An Open Secret
The entire question of economic inequality is now on the agenda in every forum, including sports. Certainly the outrage over the bonuses at AIG shows that the simmering anger, at the "haves," which was partly channeled in a positive direction during the Obama campaign has become extremely intense. Average citizens believe they have been ripped off and that the system is rigged against them. The idea that you get what you deserve through hard work and effectiveness was called into question as wheelers and dealers -- Wall Street titans and Capitol Hill lobbyists and those who receive their largesse -- are equally castigated.

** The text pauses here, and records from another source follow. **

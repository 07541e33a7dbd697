-- ===== src/Transcode.antt =====
-- internal/core/transcode: the encoding profile.
pub mod Profile
mod Tests
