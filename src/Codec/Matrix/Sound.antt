-- ===== src/Codec/Matrix/Sound.antt =====
-- A row is sound for the source symbols of a session if its payload is the combination of the
-- symbols by its coefficients. The operations on rows keep that.
use delp.Prelude.{
  ℕ, suc, ◌<◌, ◌^◌, ◌≡◌, refl, sym, ap, ap₂, ◌∙◌, bit_and, bit_xor, false, Bool-cases, inl, inr,
  List, [], ◌∷◌, get_or, length, ◌==◌, if◌then◌else◌, some, arith, and_mask,
}
use delp.Error.{ok}
use delp.Config.{Field}
use delp.Gf.Simd.{scalar}
use delp.Gf.Gf2_4
use delp.Gf.Laws.{gf2_4-IsField, gf2_8-IsField}
use delp.Gf.Action.{order, act}
use delp.Gf.Action.Laws.{scalar_act, act-zero, act-lt-order, xor-lt-order, one-act}
use delp.Codec.Dense
use delp.Codec.Dense.{DenseCoefs, get, mul_acc, mul_scale, gf_inv}
use delp.Codec.Dense.Bulk.{Below, mul_acc-entries, mul_scale-entries}
use delp.Codec.Dense.Entries.{
  EndsBy, get-remove, get-scale, get-bytes, get-lt, remove-EndsBy, subtract_scaled-entries,
}
use delp.Codec.Dense.Pivot.{IsPivot, IsPivot-pivot, is_solved-get}
use delp.Codec.Dense.Sum.{
  combination, combination-lt, combination-acc, combination-scaled, combination-without,
  combination-single,
}
use delp.Codec.Matrix.{MatrixRow, subtract_scaled, normalize, normalize_by, substitute}

-- What is sent: a field, and symbols of one size whose IDs lie below a bound.
pub record Session : Type 0 where
  pub field : Field
  pub bound : ℕ
  pub size : ℕ
  pub symbol : ℕ → List ℕ
  pub bound_word : bound < 2 ^ 32
  pub symbol-size : (id : ℕ) → length (symbol id) ≡ size
  pub symbol-bytes : (id : ℕ) → Below 256 (symbol id)

-- The byte of every symbol at one place.
abbrev pub column : Session → ℕ → ℕ → ℕ
column s j x = get_or (s.symbol x) j 0

pub record Sound (s : Session) (row : MatrixRow) : Type 0 where
  pub ends : EndsBy s.bound row.coefs
  pub scalars : (x : ℕ) → get row.coefs x < order s.field
  pub size : length row.payload ≡ s.size
  pub equation :
      (j : ℕ) → combination s.field s.bound (get row.coefs) (column s j) ≡ get_or row.payload j 0

gf_inv-act :
    (f : Field) (c : ℕ)
    → 0 < c
    → c < order f
    → (inv : ℕ) × (gf_inv f c ≡ ok inv) × (inv < order f) × (act f inv c ≡ 1)
unfolding gf_inv
gf_inv-act Field.gf2_8 c pos lt =
    let (inv, e, below, one) = gf2_8-IsField.mul-inv c pos lt in
    let nonzero : (c == 0) ≡ false = ground arith in (inv, rw nonzero e, below, unfold act in one)
gf_inv-act Field.gf2_4 c pos lt =
    let (inv, e, below, one) = gf2_4-IsField.mul-inv c pos lt in
    let nonzero : (c == 0) ≡ false = ground arith in
    let masked : bit_and c 0x0f ≡ c = and_mask 4 c ∙ omega arith in
    let twice : Gf2_4.new (bit_and c 0x0f) ≡ c =
      unfold Gf2_4.new in ap (λ (t : ℕ). bit_and t 0x0f) masked ∙ masked in
    (inv, rw nonzero (rw twice e), below, scalar_act inv c below lt ∙ one)

-- The two lists are equal at every place.
pub eq_of_places :
    (xs ys : List ℕ) → length xs ≡ length ys → ((j : ℕ) → get_or xs j 0 ≡ get_or ys j 0) → xs ≡ ys
eq_of_places [] [] e h = refl
eq_of_places [] (y ∷ ys) e h = absurd (omega arith)
eq_of_places (x ∷ xs) [] e h = absurd (omega arith)
eq_of_places (x ∷ xs) (y ∷ ys) e h =
    ap₂ ◌∷◌ (h 0) (eq_of_places xs ys (omega arith) (λ j. h (suc j)))

module _ (s : Session) where
  bytes_at : (j x : ℕ) → column s j x < 256
  bytes_at j x = s.symbol-bytes x j

  payload-bytes : (row : MatrixRow) → Sound s row → Below 256 row.payload
  payload-bytes row h j =
      rw (← h.equation j)
        (combination-lt s.field s.bound (column s j) (bytes_at j) (get row.coefs) h.scalars)

  -- `row + c * other` combines the same symbols.
  pub subtract_scaled-Sound :
      (row other : MatrixRow) (c : ℕ)
      → Sound s row
      → Sound s other
      → c < order s.field
      → (r : MatrixRow) × (subtract_scaled scalar s.field row other c ≡ ok r)
        × Sound s r
        × ((x : ℕ) → get r.coefs x ≡ bit_xor (get row.coefs x) (act s.field c (get other.coefs x)))
  unfolding subtract_scaled
  subtract_scaled-Sound row other c h k lt =
      let (coefs, e, ends, entry) =
        subtract_scaled-entries s.field c lt s.bound row.coefs other.coefs s.bound_word h.ends
          k.ends (get-bytes s.field other.coefs k.scalars) in
      let (payload, p, same, byte) =
        mul_acc-entries s.field row.payload other.payload c lt (payload-bytes other k)
          (h.size ∙ sym k.size) in
      (
        record { coefs = coefs; payload = payload },
        rw e (rw p refl),
        record {
          ends = ends;
          scalars = λ x. rw (entry x) (
              xor-lt-order s.field (get row.coefs x) (act s.field c (get other.coefs x))
                (h.scalars x) (act-lt-order s.field c (get other.coefs x) lt (k.scalars x)));
          size = same ∙ h.size;
          equation = λ j.
              combination-acc s.field s.bound (column s j) (bytes_at j) (get row.coefs)
                (get other.coefs) (get coefs) c h.scalars k.scalars lt entry
              ∙ ap₂ (λ (a b : ℕ). bit_xor a (act s.field c b)) (h.equation j) (k.equation j)
              ∙ sym (byte j);
        },
        entry,
      )

  -- With a true symbol the row loses the symbol's coefficient.
  pub substitute-Sound :
      (row : MatrixRow) (id : ℕ)
      → Sound s row
      → (r : MatrixRow) × (substitute scalar s.field row id (s.symbol id) ≡ ok r)
        × Sound s r
        × ((x : ℕ) → get r.coefs x ≡ (if x == id then 0 else get row.coefs x))
        × (get row.coefs id ≡ 0 → r ≡ row)
  unfolding substitute
  substitute-Sound row id h = elim (Bool-cases (get row.coefs id == 0)) [
    | inl t ↦ (row, rw t refl, h, (λ x. none_there x (ground arith)), λ z. refl)
    | inr t ↦
        let c = get row.coefs id in
        let (payload, p, same, byte) =
          mul_acc-entries s.field row.payload (s.symbol id) c (h.scalars id) (s.symbol-bytes id)
            (h.size ∙ sym (s.symbol-size id)) in
        (
          record { coefs = Dense.remove row.coefs id; payload = payload },
          rw t (rw p refl),
          record {
            ends = remove-EndsBy s.bound row.coefs id h.ends;
            scalars = λ x. ground (arith, get-remove row.coefs id x, h.scalars x);
            size = same ∙ h.size;
            equation = λ j.
                combination-without s.field s.bound (column s j) (bytes_at j) (get row.coefs)
                  (get (Dense.remove row.coefs id)) id
                  (get-lt s.bound row.coefs id h.ends (ground arith)) (get-remove row.coefs id)
                ∙ ap (λ (a : ℕ). bit_xor a (act s.field c (get_or (s.symbol id) j 0)))
                    (h.equation j)
                ∙ sym (byte j);
          },
          get-remove row.coefs id,
          λ z. absurd (ground arith),
        )
  ]
    where
      none_there :
          (x : ℕ)
          → get row.coefs id ≡ 0
          → get row.coefs x ≡ (if x == id then 0 else get row.coefs x)
      none_there x z = elim (Bool-cases (x == id)) [
        | inl t ↦ let same : x ≡ id = ground arith in rw t (ap (get row.coefs) same ∙ z)
        | inr t ↦ rw t refl
      ]

  normalize_at :
      (row : MatrixRow) (c : ℕ)
      → Dense.pivot_coef row.coefs ≡ some c
      → normalize scalar s.field row ≡ normalize_by scalar s.field row c
  unfolding normalize
  normalize_at row c e = rw (e, normalize) refl

  -- A sound row with its first nonzero coefficient at an ID: `normalize` with the scalar kernels
  -- succeeds, the row stays sound, its pivot stays at the ID and gets the coefficient 1, and it gains
  -- no coefficient.
  pub normalize-Sound :
      (row : MatrixRow) (pid : ℕ)
      → Sound s row
      → IsPivot row.coefs pid
      → (r : MatrixRow) × (normalize scalar s.field row ≡ ok r)
        × Sound s r
        × (Dense.pivot_id r.coefs ≡ some pid)
        × (get r.coefs pid ≡ 1)
        × ((x : ℕ) → get row.coefs x ≡ 0 → get r.coefs x ≡ 0)
  unfolding normalize_by
  normalize-Sound row pid h p =
      let c = get row.coefs pid in
      let (at, coef) = IsPivot-pivot row.coefs pid p in
      elim (Bool-cases (c == 1)) [
        | inl t ↦ (row, normalize_at row c coef ∙ rw t refl, h, at, ground arith, λ x z. z)
        | inr t ↦
            let (inv, e, below, one) = gf_inv-act s.field c p.nonzero (h.scalars pid) in
            let (ends, entry) =
              get-scale s.field s.bound row.coefs inv below (get-bytes s.field row.coefs h.scalars)
                h.ends in
            let (same, byte) =
              mul_scale-entries s.field row.payload inv below (payload-bytes row h) in
            let scaled = Dense.scale scalar s.field row.coefs inv in
            let pivot : IsPivot scaled pid = record {
              covered = unfold Dense.scale in p.covered;
              nonzero = rw (entry pid, one) (omega arith);
              before = λ x k. entry x ∙ ap (act s.field inv) (p.before x k) ∙ act-zero s.field inv;
            } in
            (
              record { coefs = scaled; payload = mul_scale scalar s.field row.payload inv },
              normalize_at row c coef ∙ rw t (rw e refl),
              record {
                ends = ends;
                scalars = λ x.
                    rw (entry x) (act-lt-order s.field inv (get row.coefs x) below (h.scalars x));
                size = same ∙ h.size;
                equation = λ j.
                    combination-scaled s.field s.bound (column s j) (bytes_at j) (get row.coefs)
                      (get scaled) inv h.scalars below entry
                    ∙ ap (act s.field inv) (h.equation j)
                    ∙ sym (byte j);
              },
              (IsPivot-pivot scaled pid pivot).0,
              entry pid ∙ one,
              λ x z. entry x ∙ ap (act s.field inv) z ∙ act-zero s.field inv,
            )
      ]

  -- A row with the coefficient 1 at one ID and no other holds that ID's symbol.
  pub solved-symbol :
      (row : MatrixRow) (id : ℕ)
      → Sound s row
      → Dense.is_solved row.coefs ≡ some id
      → get row.coefs id ≡ 1
      → row.payload ≡ s.symbol id
  solved-symbol row id h solved one =
      let below = get-lt s.bound row.coefs id h.ends (omega arith) in
      eq_of_places row.payload (s.symbol id) (h.size ∙ sym (s.symbol-size id)) (λ j.
        sym (h.equation j)
        ∙ combination-single s.field s.bound (column s j) (bytes_at j) (get row.coefs) id below
            (λ x d. is_solved-get row.coefs id x solved d)
        ∙ ap (λ (c : ℕ). act s.field c (column s j id)) one
        ∙ one-act s.field (column s j id) (bytes_at j id))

March Madness puts the spotlight on the millions made by basketball coaches and that can be shocking. It's one thing for coaches in professional sports to get such compensation, but there remains a veneer that college sports are a world apart and designed for intercollegiate amateur competition. Truth be told, with television pay outs, March Madness is big business and highly profitable for universities, especially in a time of economic downturn.
Having a winning coach may require salaries of in the millions but the returns are well worth the investment if a competitive, and especially a winning team, results. To achieve that goal not only requires a huge investment, but players who have talent, dedication and willingness to spend most of their time honing their athletic skills. The coach presides over a complex enterprise and to make it work successfully, he or she has to be a leaders and have the knowledge, experience and the motivational skills to produce a positive outcome.

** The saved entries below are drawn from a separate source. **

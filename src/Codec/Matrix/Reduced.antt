-- ===== src/Codec/Matrix/Reduced.antt =====
-- Rows in reduced form: every row is sound and has the coefficient 1 at its key, where all other
-- rows have none. Inserting and removing a row keep that.
use delp.Prelude.{
  ℕ, ◌+◌, ◌≤◌, ◌<◌, ◌≡◌, Bool-cases, inl, inr, some, [], ◌∷◌, ◌++◌, length, max, ltb, leb, ◌==◌,
  arith,
}
use delp.Error.{Result, ok}
use delp.Codec.Dense.{get}
use delp.Codec.Matrix.{MatrixRow, Rows, Symbols, DecodingMatrix, remove_row, insert_row, row_count}
use delp.Codec.Matrix.Recover.{make_room, solved_keys}
use delp.Codec.Matrix.Sound.{Session, Sound}

-- No row has a coefficient at the ID.
abbrev pub ZeroAt : ℕ → Rows → Type 0
ZeroAt x [] = Unit
ZeroAt x ((key, row) ∷ rows) = (get row.coefs x ≡ 0) × ZeroAt x rows

-- The coefficients are zero at every key.
abbrev pub ZeroOn : (ℕ → ℕ) → Rows → Type 0
ZeroOn c [] = Unit
ZeroOn c ((key, row) ∷ rows) = (c key ≡ 0) × ZeroOn c rows

pub record Live (s : Session) (key : ℕ) (row : MatrixRow) : Type 0 where
  pub sound : Sound s row
  pub pivot : get row.coefs key ≡ 1

abbrev pub Reduced : Session → Rows → Type 0
Reduced s [] = Unit
Reduced s ((key, row) ∷ rows) =
    Live s key row × ZeroAt key rows × ZeroOn (get row.coefs) rows × Reduced s rows

-- Every payload is the symbol of its ID.
abbrev pub AllTrue : Session → Symbols → Type 0
AllTrue s [] = Unit
AllTrue s ((id, payload) ∷ symbols) = (payload ≡ s.symbol id) × AllTrue s symbols

pub AllTrue-append :
    (s : Session) (xs ys : Symbols) → AllTrue s xs → AllTrue s ys → AllTrue s (xs ++ ys)
AllTrue-append s [] ys h k = k
AllTrue-append s ((id, payload) ∷ xs) ys (e, h) k = (e, AllTrue-append s xs ys h k)

pub ZeroOn-weaken :
    (c d : ℕ → ℕ) (rows : Rows) → ((x : ℕ) → c x ≡ 0 → d x ≡ 0) → ZeroOn c rows → ZeroOn d rows
ZeroOn-weaken c d [] w h = tt
ZeroOn-weaken c d ((key, row) ∷ rows) w (e, h) = (w key e, ZeroOn-weaken c d rows w h)

pub remove_row-ZeroAt : (rows : Rows) (pid x : ℕ) → ZeroAt x rows → ZeroAt x (remove_row rows pid).1
unfolding remove_row
remove_row-ZeroAt [] pid x h = tt
remove_row-ZeroAt ((key, row) ∷ rows) pid x (e, h) = elim (Bool-cases (key == pid)) [
  | inl t ↦ rw t h
  | inr t ↦ rw t (e, remove_row-ZeroAt rows pid x h)
]

pub remove_row-ZeroOn :
    (rows : Rows) (pid : ℕ) (c : ℕ → ℕ) → ZeroOn c rows → ZeroOn c (remove_row rows pid).1
unfolding remove_row
remove_row-ZeroOn [] pid c h = tt
remove_row-ZeroOn ((key, row) ∷ rows) pid c (e, h) = elim (Bool-cases (key == pid)) [
  | inl t ↦ rw t h
  | inr t ↦ rw t (e, remove_row-ZeroOn rows pid c h)
]

pub length-remove_row : (rows : Rows) (pid : ℕ) → length (remove_row rows pid).1 ≤ length rows
unfolding remove_row
length-remove_row [] pid = omega arith
length-remove_row ((key, row) ∷ rows) pid = elim (Bool-cases (key == pid)) [
  | inl t ↦ rw t (omega arith)
  | inr t ↦ rw t (omega (arith, length-remove_row rows pid))
]

-- What a found row's key and coefficients take over from the others.
pub remove_row-found_zeros :
    (rows : Rows) (pid : ℕ) (row : MatrixRow)
    → (remove_row rows pid).0 ≡ some row
    → ((c : ℕ → ℕ) → ZeroOn c rows → c pid ≡ 0)
      × ((x : ℕ) → ZeroAt x rows → get row.coefs x ≡ 0)
      × (length (remove_row rows pid).1 < length rows)
unfolding remove_row
remove_row-found_zeros [] pid row e = absurd (ground arith)
remove_row-found_zeros ((key, other) ∷ rows) pid row e = elim (Bool-cases (key == pid)) [
  | inl t ↦
      let here : some other ≡ some row = rw t at e in
      let same : key ≡ pid = ground arith in
      let found : other ≡ row = cc in
      (λ c (z, h). rw (← same) z, λ x (z, h). rw (← found) z, rw t (omega arith))
  | inr t ↦
      let there : (remove_row rows pid).0 ≡ some row = rw t at e in
      let (on, at, shorter) = remove_row-found_zeros rows pid row there in
      (λ c (z, h). on c h, λ x (z, h). at x h, rw t (omega arith))
]

pub length-remove_row-found :
    (rows : Rows) (pid : ℕ) (row : MatrixRow)
    → (remove_row rows pid).0 ≡ some row
    → length (remove_row rows pid).1 < length rows
length-remove_row-found rows pid row e = (remove_row-found_zeros rows pid row e).2

module _ (s : Session) where
  pub remove_row-Reduced :
      (rows : Rows) (pid : ℕ) → Reduced s rows → Reduced s (remove_row rows pid).1
  unfolding remove_row
  remove_row-Reduced [] pid h = tt
  remove_row-Reduced ((key, row) ∷ rows) pid (live, at, on, h) = elim (Bool-cases (key == pid)) [
    | inl t ↦ rw t h
    | inr t ↦ rw t (
      live,
      remove_row-ZeroAt rows pid key at,
      remove_row-ZeroOn rows pid (get row.coefs) on,
      remove_row-Reduced rows pid h,
    )
  ]

  -- A row that is taken out is apart from those left.
  pub remove_row-found :
      (rows : Rows) (pid : ℕ) (row : MatrixRow)
      → (remove_row rows pid).0 ≡ some row
      → Reduced s rows
      → Live s pid row
        × ZeroAt pid (remove_row rows pid).1
        × ZeroOn (get row.coefs) (remove_row rows pid).1
  unfolding remove_row
  remove_row-found [] pid row e h = absurd (ground arith)
  remove_row-found ((key, other) ∷ rows) pid row e (live, at, on, h) =
      elim (Bool-cases (key == pid)) [
        | inl t ↦
            let here : some other ≡ some row = rw t at e in
            let same : key ≡ pid = ground arith in
            let found : other ≡ row = cc in rw t (rw (← same, ← found) (live, at, on))
        | inr t ↦
            let there : (remove_row rows pid).0 ≡ some row = rw t at e in
            let (on_zero, at_zero, shorter) = remove_row-found_zeros rows pid row there in
            let (ih_live, ih_at, ih_on) = remove_row-found rows pid row there h in
            rw t (ih_live, (on_zero (get other.coefs) on, ih_at), (at_zero key at, ih_on))
      ]

  insert_row-ZeroAt :
      (rows : Rows) (pid x : ℕ) (row : MatrixRow)
      → get row.coefs x ≡ 0
      → ZeroAt x rows
      → ZeroAt x (insert_row rows pid row)
  unfolding insert_row
  insert_row-ZeroAt [] pid x row z h = (z, tt)
  insert_row-ZeroAt ((key, other) ∷ rows) pid x row z (e, h) = elim (Bool-cases (ltb pid key)) [
    | inl t ↦ rw t (z, (e, h))
    | inr t ↦ elim (Bool-cases (pid == key)) [
      | inl u ↦ rw (t, u) (z, h)
      | inr u ↦ rw (t, u) (e, insert_row-ZeroAt rows pid x row z h)
    ]
  ]

  insert_row-ZeroOn :
      (rows : Rows) (pid : ℕ) (c : ℕ → ℕ) (row : MatrixRow)
      → c pid ≡ 0
      → ZeroOn c rows
      → ZeroOn c (insert_row rows pid row)
  unfolding insert_row
  insert_row-ZeroOn [] pid c row z h = (z, tt)
  insert_row-ZeroOn ((key, other) ∷ rows) pid c row z (e, h) = elim (Bool-cases (ltb pid key)) [
    | inl t ↦ rw t (z, (e, h))
    | inr t ↦ elim (Bool-cases (pid == key)) [
      | inl u ↦ rw (t, u) (z, h)
      | inr u ↦ rw (t, u) (e, insert_row-ZeroOn rows pid c row z h)
    ]
  ]

  pub insert_row-Reduced :
      (rows : Rows) (pid : ℕ) (row : MatrixRow)
      → Live s pid row
      → ZeroAt pid rows
      → ZeroOn (get row.coefs) rows
      → Reduced s rows
      → Reduced s (insert_row rows pid row)
  unfolding insert_row
  insert_row-Reduced [] pid row live at on h = (live, tt, tt, tt)
  insert_row-Reduced ((key, other) ∷ rows) pid row live (z, at) (w, on) (old, old_at, old_on, h) =
      elim (Bool-cases (ltb pid key)) [
        | inl t ↦ rw t (live, (z, at), (w, on), (old, old_at, old_on, h))
        | inr t ↦ elim (Bool-cases (pid == key)) [
          | inl u ↦ rw (t, u) (live, at, on, h)
          | inr u ↦
              rw (t, u)
                (
                  old,
                  insert_row-ZeroAt rows pid key row w old_at,
                  insert_row-ZeroOn rows pid (get other.coefs) row z old_on,
                  insert_row-Reduced rows pid row live at on h,
                )
        ]
      ]

  -- Making room drops the first row or none.
  pub make_room-Reduced :
      (m : DecodingMatrix) (rows : Rows) (x : ℕ) (c : ℕ → ℕ)
      → Reduced s rows
      → ZeroAt x rows
      → ZeroOn c rows
      → Reduced s (make_room m rows) × ZeroAt x (make_room m rows) × ZeroOn c (make_room m rows)
  unfolding make_room
  make_room-Reduced m [] x c h at on = (tt, tt, tt)
  make_room-Reduced m ((key, row) ∷ rows) x c h at on =
      elim (Bool-cases (leb m.max_rows (length ((key, row) ∷ rows)))) [
        | inl t ↦ rw t (h.3, at.1, on.1)
        | inr t ↦ rw t (h, at, on)
      ]

  length-insert_row :
      (rows : Rows) (pid : ℕ) (row : MatrixRow) → length (insert_row rows pid row) ≤ length rows + 1
  unfolding insert_row
  length-insert_row [] pid row = omega arith
  length-insert_row ((key, other) ∷ rows) pid row =
      let ih = length-insert_row rows pid row in ground arith

  pub length-insert_row-make_room :
      (m : DecodingMatrix) (rows : Rows) (pid : ℕ) (row : MatrixRow)
      → length (insert_row (make_room m rows) pid row) ≤ max (length rows) (max m.max_rows 1)
  unfolding make_room
  length-insert_row-make_room m [] pid row = omega (arith, length-insert_row [] pid row)
  length-insert_row-make_room m ((key, other) ∷ rows) pid row =
      elim (Bool-cases (leb m.max_rows (length ((key, other) ∷ rows)))) [
        | inl t ↦ rw t (omega (arith, length-insert_row rows pid row))
        | inr t ↦
            let room : length ((key, other) ∷ rows) < m.max_rows = ground arith in
            rw t (omega (arith, length-insert_row ((key, other) ∷ rows) pid row))
      ]

  -- The result of a call: the true symbols that it returns, and rows in reduced form, none of which
  -- is solved, and not more of them than before or than the limit, or one.
  pub record Recovers (m : DecodingMatrix) (result : Result (Symbols × DecodingMatrix))
      : Type 0 where
    pub recovered : Symbols
    pub next : DecodingMatrix
    pub returns : result ≡ ok (recovered, next)
    pub all_true : AllTrue s recovered
    pub reduced : Reduced s next.rows
    pub complete : solved_keys next.rows ≡ []
    pub bounded : row_count next ≤ max (row_count m) (max m.max_rows 1)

Let me share one story with you. My son graduated from a great university with a fabulous basketball team. One day he went to the ticket office with his friends eager to get tickets for a game. No dice, all sold out. "But, I'm a student!" he asserted. The reply from the ticket window said it all "Let's get something straight. That's the college," the ticket master said pointing to the campus. "This is a business." And that's the simple truth.

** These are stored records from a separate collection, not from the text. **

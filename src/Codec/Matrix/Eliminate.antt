-- ===== src/Codec/Matrix/Eliminate.antt =====
-- Forward elimination and back substitution on rows in reduced form.
use delp.Prelude.{
  ℕ, ◌≡◌, refl, ap, ◌∙◌, bit_xor, Bool-cases, inl, inr, [], ◌∷◌, length, suc, ◌==◌, if◌then◌else◌,
  arith, xor_self, xor-zero,
}
use delp.Error.{ok}
use delp.Gf.Simd.{scalar}
use delp.Gf.Action.{act}
use delp.Gf.Action.Laws.{act-zero, act-one}
use delp.Codec.Dense.{get}
use delp.Codec.Matrix.{MatrixRow, Rows, subtract_scaled, forward_eliminate, back_substitute}
use delp.Codec.Matrix.Sound.{Session, Sound, subtract_scaled-Sound}
use delp.Codec.Matrix.Reduced.{ZeroAt, ZeroOn, Reduced}

module _ (s : Session) where
  -- One round of either loop: `row` with its coefficient at `pid` cancelled by a row that has 1
  -- there.
  cancel :
      (row other : MatrixRow) (pid : ℕ)
      → Sound s row
      → Sound s other
      → get other.coefs pid ≡ 1
      → (r : MatrixRow) × ((if get row.coefs pid == 0
            then ok row
            else subtract_scaled scalar s.field row other (get row.coefs pid))
          ≡ ok r)
        × Sound s r
        × (get r.coefs pid ≡ 0)
        × ((x : ℕ) → get other.coefs x ≡ 0 → get r.coefs x ≡ get row.coefs x)
  cancel row other pid h k one = elim (Bool-cases (get row.coefs pid == 0)) [
    | inl t ↦ (row, rw t refl, h, ground arith, λ x z. refl)
    | inr t ↦
        let c = get row.coefs pid in
        let (r, e, sound, entry) = subtract_scaled-Sound s row other c h k (h.scalars pid) in
        (
          r,
          rw t e,
          sound,
          entry pid
              ∙ ap (bit_xor c) (ap (act s.field c) one ∙ act-one s.field c (h.scalars pid))
              ∙ xor_self c,
          λ x z.
              entry x
              ∙ ap (bit_xor (get row.coefs x)) (ap (act s.field c) z ∙ act-zero s.field c)
              ∙ xor-zero (get row.coefs x),
        )
  ]

  -- On rows in reduced form and a sound row, forward elimination with the scalar kernels succeeds:
  -- the row stays sound, loses its coefficients at all keys, and gains none at an ID where it and
  -- all rows have none.
  pub forward_eliminate-Sound :
      (rows : Rows) (row : MatrixRow)
      → Reduced s rows
      → Sound s row
      → (r : MatrixRow) × (forward_eliminate scalar s.field rows row ≡ ok r)
        × Sound s r
        × ZeroOn (get r.coefs) rows
        × ((x : ℕ) → ZeroAt x rows → get row.coefs x ≡ 0 → get r.coefs x ≡ 0)
  unfolding forward_eliminate
  forward_eliminate-Sound [] row h k = (row, refl, k, tt, λ x z e. e)
  forward_eliminate-Sound ((key, existing) ∷ rows) row (live, at, on, h) k =
      let (next, e, sound, gone, same) = cancel row existing key k live.sound live.pivot in
      let (r, runs, last, zeros, keep) = forward_eliminate-Sound rows next h sound in
      (r, rw e runs, last, (keep key at gone, zeros), λ x z w. keep x z.1 (same x z.0 ∙ w))

  -- The rows lose their coefficients at the new pivot and stay in reduced form.
  pub record BackSubstituted (rows : Rows) (pid : ℕ) (row : MatrixRow) (next : Rows) : Type 0 where
    pub runs : back_substitute scalar s.field rows pid row ≡ ok next
    pub reduced : Reduced s next
    pub cleared : ZeroAt pid next
    pub same : length next ≡ length rows
    pub keys : (c : ℕ → ℕ) → ZeroOn c rows → ZeroOn c next
    pub zeros : (x : ℕ) → get row.coefs x ≡ 0 → ZeroAt x rows → ZeroAt x next

  substituted-ZeroOn :
      (old new : ℕ → ℕ) (row : MatrixRow) (rows : Rows)
      → ((x : ℕ) → get row.coefs x ≡ 0 → new x ≡ old x)
      → ZeroOn (get row.coefs) rows
      → ZeroOn old rows
      → ZeroOn new rows
  substituted-ZeroOn old new row [] same h k = tt
  substituted-ZeroOn old new row ((key, other) ∷ rows) same (z, h) (e, k) =
      (same key z ∙ e, substituted-ZeroOn old new row rows same h k)

  -- On rows in reduced form and a sound row with the coefficient 1 at a new pivot and none at the rows'
  -- keys, back substitution with the scalar kernels succeeds: as many rows are left, in reduced form,
  -- without a coefficient at the new pivot, and zeros at all keys or at an ID stay.
  pub back_substitute-BackSubstituted :
      (rows : Rows) (pid : ℕ) (row : MatrixRow)
      → Reduced s rows
      → Sound s row
      → get row.coefs pid ≡ 1
      → ZeroOn (get row.coefs) rows
      → (next : Rows) × BackSubstituted rows pid row next
  unfolding back_substitute
  back_substitute-BackSubstituted [] pid row h k one on = (
    [],
    record {
      runs = refl;
      reduced = tt;
      cleared = tt;
      same = refl;
      keys = λ c z. z;
      zeros = λ x e z. z;
    },
  )
  back_substitute-BackSubstituted ((key, old) ∷ rows) pid row (live, at, apart, h) k one (z, on) =
      let (next, e, sound, gone, same) = cancel old row pid live.sound k one in
      let (rest, ih) = back_substitute-BackSubstituted rows pid row h k one on in
      (
        (key, next) ∷ rest,
        record {
          runs = rw e (rw ih.runs refl);
          reduced = (
            record { sound = sound; pivot = same key z ∙ live.pivot },
            ih.zeros key z at,
            ih.keys (get next.coefs)
                (substituted-ZeroOn (get old.coefs) (get next.coefs) row rows same on apart),
            ih.reduced,
          );
          cleared = (gone, ih.cleared);
          same = ap suc ih.same;
          keys = λ c w. (w.0, ih.keys c w.1);
          zeros = λ x w v. (same x w ∙ v.0, ih.zeros x w v.1);
        },
      )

College sports is big business, the stakes are high, the potential financial payoffs are tremendous for the entire institution from alumni giving to enrollments, and the very best talent among coaches and players on the court or the field is required to achieve those outcomes. Would it be appropriate for the coaches to decline these million-plus salaries? Probably not, because not all will, but the press needs to offer the public more details on an open secret. It's a business.